Stored data:
--------

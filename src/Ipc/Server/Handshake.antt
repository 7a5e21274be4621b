-- ===== src/Ipc/Server/Handshake.antt =====
-- When `handshake` accepts the peer, and that two engines of this version accept each other.
use arcade_launcher_stream_e.Ipc.Frame.RoundTrip.{wire, write_frame-wire, read_frame-wire}
use arcade_launcher_stream_e.Ipc.Frame.{max_frame}
use arcade_launcher_stream_e.Base.{
  ℕ, ◌-◌, ◌≤◌, Bytes, codes, true, [], ◌++◌, some, ◌≡◌, ◌↔◌, refl, arith, length, bytes_eq,
  bytes_eq_iff, ℤ, pos, negsuc, bytes_lt,
}
use arcade_launcher_stream_e.Json.Numbers.{is_portable_num}
use arcade_launcher_stream_e.Json.Maps.{keys_sorted}
use arcade_launcher_stream_e.Json.{
  Value, set, set_field, is_object, find_field, str_or, num_or, find, get_str, get_num,
}
use arcade_launcher_stream_e.Json.RoundTrip.{parse-dump, is_portable}
use arcade_launcher_stream_e.Json.Dump.{dump}
use arcade_launcher_stream_e.Json.Parser.{parse}
use arcade_launcher_stream_e.Json.Floats.{Floats, Ieee}
use arcade_launcher_stream_e.Ipc.Server.{
  success, hello, check_peer, handshake, get_str, equals, get_num, protocol_version, find,
  Transport,
}

-- A hello of this protocol version.
pub record IsHello ⦃fl : Floats⦄ (peer : Value) : Type 0 where
  pub object : is_object peer ≡ true
  pub kind : get_str peer (codes "kind") [] ≡ codes "hello"
  pub version :
      fl.to_int (get_num peer (codes "protocolVersion") (fl.of_ℤ (negsuc 0))) ≡ pos protocol_version

equals_iff : (z : ℤ) (k : ℕ) → (equals z k ≡ true) ↔ (z ≡ pos k)
equals_iff (pos n) k = ground arith
equals_iff (negsuc n) k = ground arith

-- A frame that parses is accepted exactly when it is a hello of this protocol version.
pub check_peer-success_iff :
    ⦃fl : Floats⦄ (peer : Value) → (check_peer (some peer) ≡ success) ↔ IsHello peer
unfolding check_peer
check_peer-success_iff ⦃fl⦄ peer =
    let kind_iff = bytes_eq_iff (get_str peer (codes "kind") []) (codes "hello") in
    let version_iff =
      equals_iff (fl.to_int (get_num peer (codes "protocolVersion") (fl.of_ℤ (negsuc 0))))
        protocol_version in
    (λ h. ground (arith, kind_iff, version_iff), λ h. ground (arith, kind_iff, version_iff))

hello-is_portable :
    ⦃fl : Floats⦄ (laws : Ieee fl) (version : Bytes) → is_portable (hello version) ≡ true
unfolding hello is_portable set set_field bytes_eq bytes_lt keys_sorted is_portable_num
hello-is_portable laws version =
    ground (arith, laws.of_ℤ_finite (pos 1) (omega arith), laws.of_ℤ_zero (pos 1) (omega arith))

hello-IsHello : ⦃fl : Floats⦄ (laws : Ieee fl) (version : Bytes) → IsHello (hello version)
unfolding hello set set_field find find_field bytes_eq bytes_lt get_str get_num is_object str_or
    num_or
hello-IsHello laws version = record {
  object = refl;
  kind = refl;
  version = laws.to_int-of_ℤ (pos 1) (omega arith);
}

-- The hello that this engine sends is one that `handshake` accepts, whatever the version string,
-- for doubles that obey the laws.
pub check_peer-hello :
    ⦃fl : Floats⦄ (laws : Ieee fl) (version : Bytes)
    → check_peer (parse (dump (hello version))) ≡ success
check_peer-hello laws version =
    rw (parse-dump laws (hello version) (hello-is_portable laws version))
      ((check_peer-success_iff (hello version)).1 (hello-IsHello laws version))

-- When its own hello fits in a frame and in what the peer takes, and a frame of JSON text has come
-- in, `handshake` succeeds exactly when that frame is a hello of this protocol version.
pub handshake-success_iff :
    ⦃fl : Floats⦄ (version raw rest : Bytes) (peer : Value) (t : Transport)
    → length (dump (hello version)) ≤ max_frame
    → length (wire (dump (hello version))) ≤ t.room
    → t.incoming ≡ wire raw ++ rest
    → length raw ≤ max_frame
    → parse raw ≡ some peer
    → ((handshake version t).0 ≡ success) ↔ IsHello peer
unfolding handshake
handshake-success_iff version raw rest peer t h k e m p =
    let write = write_frame-wire (dump (hello version)) t h k in
    let read =
      read_frame-wire raw rest
        (record t {
          outgoing = t.outgoing ++ wire (dump (hello version));
          room = t.room - length (wire (dump (hello version)));
        })
        m e in
    rw (write, read, p) (check_peer-success_iff peer)
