-- ===== src/Ipc/Server/Responses.antt =====
-- What the loop of `run` answers to one message.
use arcade_launcher_stream_e.Base.{
  ℕ, codes, Bool, true, false, ◌&&◌, [], if◌then◌else◌, none, some, ◌≡◌, ◌↔◌, sym, ◌∙◌, inl, inr,
  arith, Bool-cases, bytes_eq, is_empty, pos, bytes_lt, subst, Bytes, ◌⊎◌, Option, ◌∷◌, ◌++◌,
  bytes_eq_iff, refl,
}
use arcade_launcher_stream_e.Json.{
  Value, bool, str, find, set, set_field, find_field, get_str, get_num, is_object,
}
use arcade_launcher_stream_e.Json.Floats.{Floats}
use arcade_launcher_stream_e.Ipc.Server.{
  Reply, Handlers, response, process, dispatch, find_handler, number_of, params_of, empty_object,
  Handler, obj, no_fields,
}

-- The object under "error".
abbrev pub error_object : Reply → Value
error_object reply =
    set (set empty_object (codes "code") (str reply.code)) (codes "message") (str reply.message)

-- A `res` frame that carries the id, and a result or an error, never both.
pub record Answers ⦃fl : Floats⦄ (id : ℕ) (reply : Reply) (res : Value) : Type 0 where
  pub kind : find res (codes "kind") ≡ some (str (codes "res"))
  pub id_echoed : find res (codes "id") ≡ some (number_of id)
  pub ok : find res (codes "ok") ≡ some (bool (is_empty reply.code))
  pub result : find res (codes "result") ≡ (if is_empty reply.code then some reply.result else none)
  pub error :
      find res (codes "error") ≡ (if is_empty reply.code then none else some (error_object reply))

response-Answers : ⦃fl : Floats⦄ (id : ℕ) (reply : Reply) → Answers id reply (response id reply)
unfolding response find set set_field find_field bytes_eq bytes_lt
response-Answers id reply = elim (Bool-cases (is_empty reply.code)) [
  | inl e ↦ record { kind = rw e; id_echoed = rw e; ok = rw e; result = rw e; error = rw e }
  | inr e ↦ record { kind = rw e; id_echoed = rw e; ok = rw e; result = rw e; error = rw e }
]

-- A message that `run` must answer.
unfoldable pub is_request : Value → Bool
is_request msg = is_object msg && bytes_eq (get_str msg (codes "kind") []) (codes "req")

-- The id of a request, as `run` reads it.
unfoldable pub request_id : ⦃fl : Floats⦄ → Value → ℕ
request_id ⦃fl⦄ msg = fl.to_u64 (get_num msg (codes "id") (fl.of_ℤ (pos 0)))

-- The reply to a request: its handler's, on the request's parameters, or the error for a method
-- that has none.
unfoldable pub reply_to : {S : Type 0} → Handlers S → Value → S → Reply × S
reply_to hs msg s =
    let method = get_str msg (codes "method") [] in
    dispatch (find_handler hs method) method (params_of (find msg (codes "params"))) s

-- Which handler is registered under a method: the one of the first entry with that name, or none.
pub data Registered {S : Type 0} (method : Bytes) : Handlers S → Option (Handler S) → Type 0 where
  none_left :
      {hs : Handlers S} {o : Option (Handler S)} → hs ≡ [] → o ≡ none → Registered method hs o
  first :
      {hs : Handlers S} {o : Option (Handler S)} (key : Bytes) (h : Handler S) (rest : Handlers S)
      → hs ≡ (key, h) ∷ rest
      → key ≡ method
      → o ≡ some h
      → Registered method hs o
  later :
      {hs : Handlers S} {o : Option (Handler S)} (key : Bytes) (h : Handler S) (rest : Handlers S)
      → hs ≡ (key, h) ∷ rest
      → ¬ (key ≡ method)
      → Registered method rest o
      → Registered method hs o

-- The parameters: what the message has under "params", or the empty object.
pub Parameters : Value → Value → Type 0
Parameters msg params =
    (find msg (codes "params") ≡ some params)
    ⊎ ((find msg (codes "params") ≡ none) × (params ≡ obj no_fields))

pub data Replies {S : Type 0} (hs : Handlers S) (msg : Value) (s : S) (reply : Reply) (s' : S)
    : Type 0 where
  handled :
      (h : Handler S) (params : Value)
      → Registered (get_str msg (codes "method") []) hs (some h)
      → Parameters msg params
      → (reply, s') ≡ h params s
      → Replies hs msg s reply s'
  unsupported :
      Registered (get_str msg (codes "method") []) hs none
      → reply.code ≡ codes "unsupported_method"
      → reply.message ≡ codes "unknown method: " ++ get_str msg (codes "method") []
      → s' ≡ s
      → Replies hs msg s reply s'

find_handler-Registered :
    {S : Type 0} (hs : Handlers S) (method : Bytes) → Registered method hs (find_handler hs method)
unfolding find_handler
find_handler-Registered [] method = none_left refl refl
find_handler-Registered ((key, h) ∷ hs) method = elim (Bool-cases (bytes_eq key method)) [
  | inl e ↦ first key h hs refl ((bytes_eq_iff key method).0 e) (rw e refl)
  | inr e ↦
      let other : ¬ (key ≡ method) = λ same. cc ((bytes_eq_iff key method).1 same, e) in
      later key h hs refl other (rw e (find_handler-Registered hs method))
]

params_of-Parameters : (msg : Value) → Parameters msg (params_of (find msg (codes "params")))
unfolding Parameters
params_of-Parameters msg = from (find msg (codes "params"))
  where
    from :
        (o : Option Value) → (o ≡ some (params_of o)) ⊎ ((o ≡ none) × (params_of o ≡ obj no_fields))
    from none = inr (refl, refl)
    from (some v) = inl refl

reply_to-Replies :
    {S : Type 0} (hs : Handlers S) (msg : Value) (s : S)
    → Replies hs msg s (reply_to hs msg s).0 (reply_to hs msg s).1
unfolding reply_to
reply_to-Replies {S} hs msg s = from (find_handler hs method) (find_handler-Registered hs method)
  where
    method : Bytes
    method = get_str msg (codes "method") []

    params : Value
    params = params_of (find msg (codes "params"))

    from :
        (o : Option (Handler S))
        → Registered method hs o
        → Replies hs msg s (dispatch o method params s).0 (dispatch o method params s).1
    from none r = unfold dispatch in unsupported r refl refl refl
    from (some h) r = unfold dispatch in handled h params r (params_of-Parameters msg) refl

module _ ⦃fl : Floats⦄ {S : Type 0} (hs : Handlers S) where
  pub process_request :
      (msg : Value) (s : S)
      → is_request msg ≡ true
      → process hs (some msg) s
        ≡ (some (response (request_id msg) (reply_to hs msg s).0), (reply_to hs msg s).1)
  unfolding process is_request request_id reply_to
  process_request msg s h = ground arith

  process_other :
      (msg : Value) (s : S) → is_request msg ≡ false → process hs (some msg) s ≡ (none, s)
  unfolding process is_request
  process_other msg s h = ground arith

  process-reply_to :
      (msg res : Value) (s s' : S)
      → process hs (some msg) s ≡ (some res, s')
      → (is_request msg ≡ true)
        × Answers (request_id msg) (reply_to hs msg s).0 res
        × (s' ≡ (reply_to hs msg s).1)
  process-reply_to msg res s s' h = elim (Bool-cases (is_request msg)) [
    | inl e ↦
        let made = sym (process_request msg s e) ∙ h in
        (
          e,
          subst (Answers (request_id msg) (reply_to hs msg s).0) (cc made)
              (response-Answers (request_id msg) (reply_to hs msg s).0),
          cc made,
        )
    | inr e ↦ absurd (cc (process_other msg s e, h))
  ]

  -- A message that gets an answer is a request. Its reply is what the handler that is registered
  -- under its method makes of its parameters, or of the empty object where it has none, with the
  -- state that the handler leaves; or the error "unsupported_method" that names the method, with the
  -- state as it was, where no handler is registered under it. The answer carries the id and the reply.
  pub process-Answers :
      (msg res : Value) (s s' : S)
      → process hs (some msg) s ≡ (some res, s')
      → (is_request msg ≡ true)
        × ((reply : Reply) × Replies hs msg s reply s' × Answers (request_id msg) reply res)
  process-Answers msg res s s' h =
      let (asked, answers, left) = process-reply_to msg res s s' h in
      (asked, ((reply_to hs msg s).0, rw left (reply_to-Replies hs msg s), answers))

  -- A JSON message gets no answer exactly when it is no request, and then the state stays.
  pub process-none_iff :
      (msg : Value) (s s' : S)
      → (process hs (some msg) s ≡ (none, s')) ↔ ((is_request msg ≡ false) × (s' ≡ s))
  process-none_iff msg s s' = elim (Bool-cases (is_request msg)) [
    | inl e ↦ (λ h. cc (process_request msg s e, h), λ h. cc (e, h.0))
    | inr e ↦ (λ h. (e, cc (process_other msg s e, h)), λ h. process_other msg s e ∙ cc (h.1))
  ]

--------

Work to be completed: The answer must be a single number: the count of lines in the data that contain the word "handled".

Answer below: 2